Controlling industrial processes is one of the more demanding scenarios for electronics — especially in extremely harsh facilities, such as heavy and military industries, electricity generation and distribution stations, and large marine vessels. These environments may expose electronics to a wide range of undesired and harmful phenomena ranging from electrostatic discharges (ESD) and contamination from wireless networks to surges and spikes in sensor and detector transmission lines.
Many of these problems can be caused by the electronic drives commonly used in industrial environments to move mechanisms. The mechanisms may either be controlled by an electronic drive directly or by traditional start/stop switching devices. In the first case, the use of electronic soft starters or variable-speed drives can introduce a significant source of harmonics and perturbances that are injected into the general AC power supply. In the second case, the use of contactors for start and stop commands can forward major spikes to the line power during switching operations. In both cases, undesired noise emissions can be coupled into the sensor signal transmission lines, introducing irregular distortions into sensor data.
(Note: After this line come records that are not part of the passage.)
-- ===== src/Evaluator/Coverage.antt =====
-- What it takes to cover one path, said for each path by itself: a person, the author, or an
-- application by a delegation. `judge` agrees with it.
use extra_codeowners.Prelude.{
  Bool, true, not, ◌&&◌, ◌||◌, List, [], ◌∷◌, ◌≡◌, refl, ◌∙◌, arith, list_eq, nat_eq, if◌then◌else◌,
  any, contains, intersects, text_le, any-sort, any-unique, any-keep, any-map, any-congr, ok,
}
use extra_codeowners.Text.{Str}
use extra_codeowners.Models.Paths.{IsNormalized}
use extra_codeowners.Models.Evidence.{PullRequestReview}
use extra_codeowners.Models.Results.{PathEvidence}
use extra_codeowners.Policy.Decision.{DelegationDecision, any_match, is_nil}
use extra_codeowners.Policy.Coalesce.{accepts}
use extra_codeowners.Policy.Coverage.{
  delegation_covers, decisions_of, delegation_decisions-eq, is_non_delegable-eq, any-decisions_of,
}
use extra_codeowners.Evaluator.Judgement.{
  Context, satisfying_humans, eligible_apps_of, path_approvals_of, delegable_evidence,
  blocked_evidence, judge_path, is_path_satisfied,
}

unfoldable pub human_covers : Context → List Str → Bool
human_covers context owners =
    any (λ (approval : PullRequestReview × List Str). intersects approval.1 owners)
      context.human_approvals

unfoldable pub author_covers : Context → List Str → Bool
author_covers context owners = intersects context.author_identities owners

-- an approved application may stand in: the path is delegable and some delegation covers it
unfoldable pub application_covers : Context → List Str → Str → Bool
application_covers context owners path =
    not (any_match context.policy.non_delegable_regexes path)
    && any (delegation_covers context.approved_apps context.labels owners path)
        context.policy.delegations

unfoldable pub is_covered : Context → List Str → Str → Bool
is_covered context owners path =
    human_covers context owners
    || author_covers context owners
    || application_covers context owners path

not-is_nil {ℓ} : {A : Type ℓ} (xs : List A) → not (is_nil xs) ≡ any (λ x. true) xs
unfolding is_nil any
not-is_nil [] = refl
not-is_nil (x ∷ xs) = refl

-- some eligible application has approved
path_approvals-eq :
    (approved : List Str) (decisions : List DelegationDecision)
    → not (is_nil (path_approvals_of (eligible_apps_of decisions) approved))
      ≡ any (accepts (contains approved)) decisions
unfolding path_approvals_of eligible_apps_of
path_approvals-eq approved decisions =
    not-is_nil _
    ∙ any-sort text_le (λ x. true) _
    ∙ any-unique (λ x. true) _
    ∙ any-keep (λ x. true) (contains approved) _
    ∙ any-map _ (λ (d : DelegationDecision). d.app_alias) _
    ∙ any-keep _ (λ (d : DelegationDecision). d.eligible) decisions
    ∙ any-congr _ (accepts (contains approved)) decisions (λ d. ground arith)

pub satisfying_humans-eq :
    (approvals : List (PullRequestReview × List Str)) (owners : List Str)
    → not (is_nil (satisfying_humans approvals owners))
      ≡ any (λ (approval : PullRequestReview × List Str). intersects approval.1 owners) approvals
unfolding satisfying_humans is_nil any
satisfying_humans-eq [] owners = refl
satisfying_humans-eq ((r, ids) ∷ approvals) owners =
    ground (arith, satisfying_humans-eq approvals owners)

-- every path of the list passed validation
unfoldable pub AllNormalized : List Str → Type 0
AllNormalized [] = Unit
AllNormalized (path ∷ paths) = IsNormalized path × AllNormalized paths

module _ (context : Context) where
  -- what `judge_path` returns for a path that passed validation
  abbrev pub path_evidence : List Str → Str → PathEvidence
  path_evidence owners path =
      if any_match context.policy.non_delegable_regexes path
      then blocked_evidence path
      else delegable_evidence context path (decisions_of context.policy path owners context.labels)

  pub judge_path-eq :
      (owners : List Str) (path : Str)
      → IsNormalized path
      → judge_path context owners path ≡ ok (path_evidence owners path)
  unfolding judge_path
  judge_path-eq owners path valid =
      rw
        (
          is_non_delegable-eq path valid context.policy,
          delegation_decisions-eq path valid context.policy owners context.labels,
        )
        (ground arith)

  pub path_evidence-satisfied :
      (owners : List Str) (path : Str)
      → is_path_satisfied (path_evidence owners path) ≡ application_covers context owners path
  unfolding is_path_satisfied blocked_evidence delegable_evidence application_covers
  path_evidence-satisfied owners path = ground (
    arith,
    path_approvals-eq context.approved_apps
        (decisions_of context.policy path owners context.labels),
    any-decisions_of context.approved_apps context.labels owners path context.policy,
  )
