-- ===== src/Evaluator/Judged.antt =====
-- `judge` on one owner set: it returns, and is satisfied exactly when each path is covered.
use extra_codeowners.Prelude.{
  Bool, true, not, ◌||◌, List, [], ◌∷◌, ◌≡◌, refl, ap, sym, ◌∙◌, arith, list_eq, nat_eq, inl, inr,
  all, intersects, map, all-map, all-congr, Bool-cases, Result, ok, traverse, ◌>>=◌,
}
use extra_codeowners.Text.{Str, text}
use extra_codeowners.Models.Normalize.{ValueError}
use extra_codeowners.Models.Paths.{IsNormalized}
use extra_codeowners.Models.Evidence.{PullRequestReview}
use extra_codeowners.Models.Results.{PathEvidence, OwnerSetResult}
use extra_codeowners.Policy.Decision.{CompiledPolicy, any_match, is_nil}
use extra_codeowners.Policy.Coverage.{is_non_delegable-eq}
use extra_codeowners.Evaluator.Judgement.{
  Context, satisfying_humans, covered_path, human_result, author_result, is_path_satisfied,
  app_result, judge_path, judge_without_humans, judge_with, judge,
}
use extra_codeowners.Evaluator.Coverage.{
  human_covers, author_covers, application_covers, is_covered, satisfying_humans-eq, AllNormalized,
  path_evidence, judge_path-eq, path_evidence-satisfied,
}

traverse-normalized {ℓ} :
    {B : Type ℓ} (f : Str → Result ValueError B) (g : Str → B) (paths : List Str)
    → AllNormalized paths
    → ((path : Str) → IsNormalized path → f path ≡ ok (g path))
    → traverse f paths ≡ ok (map g paths)
unfolding traverse AllNormalized
traverse-normalized f g [] valid h = refl
traverse-normalized f g (path ∷ paths) valid h =
    rw (h path valid.0, traverse-normalized f g paths valid.1 h) refl

-- the judgement returns a result whose flag is `b`
abbrev pub ReturnsSatisfied : Bool → Result ValueError OwnerSetResult → Type 0
ReturnsSatisfied b result = (r : OwnerSetResult) × (result ≡ ok r) × (r.satisfied ≡ b)

all-true : (p : Str → Bool) (paths : List Str) → ((path : Str) → p path ≡ true) → all p paths ≡ true
unfolding all
all-true p [] h = refl
all-true p (path ∷ paths) h = rw (h path) (all-true p paths h)

returns_after {ℓ} :
    {A : Type ℓ} (b : Bool) (m : Result ValueError A) (f : A → Result ValueError OwnerSetResult)
    (a : A)
    → m ≡ ok a
    → ReturnsSatisfied b (f a)
    → ReturnsSatisfied b (m >>= f)
returns_after b m f a e (r, h, s) = (r, rw e h, s)

-- the evidence that `covered_path` returns for a path that passed validation
abbrev covered_evidence : CompiledPolicy → Str → Str → PathEvidence
covered_evidence policy explanation path = record {
  path = path;
  non_delegable = any_match policy.non_delegable_regexes path;
  eligible_apps = [];
  approved_apps = [];
  explanation = explanation;
}

module _ (context : Context) (owners paths : List Str) (valid : AllNormalized paths) where
  covered_paths :
      (explanation : Str)
      → traverse (covered_path context.policy explanation) paths
        ≡ ok (map (covered_evidence context.policy explanation) paths)
  unfolding covered_path
  covered_paths explanation =
      traverse-normalized (covered_path context.policy explanation)
        (covered_evidence context.policy explanation) paths valid
        (λ path normal. rw (is_non_delegable-eq path normal context.policy) refl)

  human_result-satisfied :
      (humans : List PullRequestReview)
      → ReturnsSatisfied true (human_result context owners paths humans)
  unfolding human_result
  human_result-satisfied humans =
      returns_after true _ _ _ (covered_paths (text "covered by the human CODEOWNER approval"))
        (_, refl, refl)

  author_result-satisfied : ReturnsSatisfied true (author_result context owners paths)
  unfolding author_result
  author_result-satisfied =
      returns_after true _ _ _
        (covered_paths (text "covered by eligible pull-request author evidence")) (_, refl, refl)

  satisfied-app_result :
      (evidence : List PathEvidence)
      → (app_result owners paths evidence).satisfied ≡ all is_path_satisfied evidence
  unfolding app_result
  satisfied-app_result evidence = ground arith

  applications_satisfied :
      (evidence : List PathEvidence)
      → traverse (judge_path context owners) paths ≡ ok evidence
      → all is_path_satisfied evidence ≡ all (application_covers context owners) paths
  applications_satisfied evidence e =
      let t =
        traverse-normalized (judge_path context owners) (path_evidence context owners) paths valid
          (judge_path-eq context owners) in
      let same : map (path_evidence context owners) paths ≡ evidence = cc (t, e) in
      ap (all is_path_satisfied) (sym same)
      ∙ all-map is_path_satisfied (path_evidence context owners) paths
      ∙ all-congr _ (application_covers context owners) paths
          (path_evidence-satisfied context owners)

  judge_without_humans-satisfied :
      ReturnsSatisfied
        (all (λ path. author_covers context owners || application_covers context owners path) paths)
        (judge_without_humans context owners paths)
  unfolding judge_without_humans author_covers
  judge_without_humans-satisfied = elim (Bool-cases (intersects context.author_identities owners)) [
    | inl yes' ↦
        let (r, e, s) = author_result-satisfied in
        (r, rw (yes', e) refl, s ∙ sym (all-true _ paths (λ path. rw yes' refl)))
    | inr no' ↦
        let t =
          traverse-normalized (judge_path context owners) (path_evidence context owners) paths valid
            (judge_path-eq context owners) in
        (
          app_result owners paths (map (path_evidence context owners) paths),
          rw (no', t) refl,
          satisfied-app_result _
              ∙ applications_satisfied _ t
              ∙ all-congr _ _ paths (λ path. rw no' refl),
        )
  ]

  judge_with-satisfied :
      (humans : List PullRequestReview)
      → not (is_nil humans) ≡ human_covers context owners
      → ReturnsSatisfied
          (all (is_covered context owners) paths)
          (judge_with context owners paths humans)
  unfolding judge_with is_covered is_nil
  judge_with-satisfied [] none' =
      let (r, e, s) = judge_without_humans-satisfied in
      (r, e, s ∙ all-congr _ _ paths (λ path. rw (← none') refl))
  judge_with-satisfied (review ∷ reviews) some' =
      let (r, e, s) = human_result-satisfied (review ∷ reviews) in
      (r, e, s ∙ sym (all-true _ paths (λ path. rw (← some') refl)))

  -- Where every path of an owner set passed validation, `judge` returns a result, and the result is
  -- satisfied exactly when a person, the author or an application covers each of the paths.
  pub judge-satisfied :
      ReturnsSatisfied (all (is_covered context owners) paths) (judge context (owners, paths))
  unfolding judge human_covers
  judge-satisfied =
      judge_with-satisfied (satisfying_humans context.human_approvals owners)
        (satisfying_humans-eq context.human_approvals owners)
These issues are typically found in industrial plants where microprocessor-based controllers must deal with inductive loads, sensors and detectors numbering into the hundreds. Processes in isolated facilities, on the other hand, suffer from other kinds of no less damaging effects. Facilities in this category include off- and onshore wind and solar farms, hydroelectric plants, atmospheric and pollution monitoring networks, water quality/quantity and flood monitoring networks, marine and fluvial hatcheries, and agricultural facilities.
In these situations, electric power lines may become a dangerous source of surges and high-voltage transients, severely damaging control devices in spite of the use of surge suppressors. Cloud-to-ground lightning and atmospheric discharges can also challenge the most robust electronic controllers and protection devices if the local electric ground installation does not match recommended minimum values. Frequently, these isolated facilities require an autonomous communication infrastructure, and aerials installed for this purpose can become an additional source of atmospheric discharges.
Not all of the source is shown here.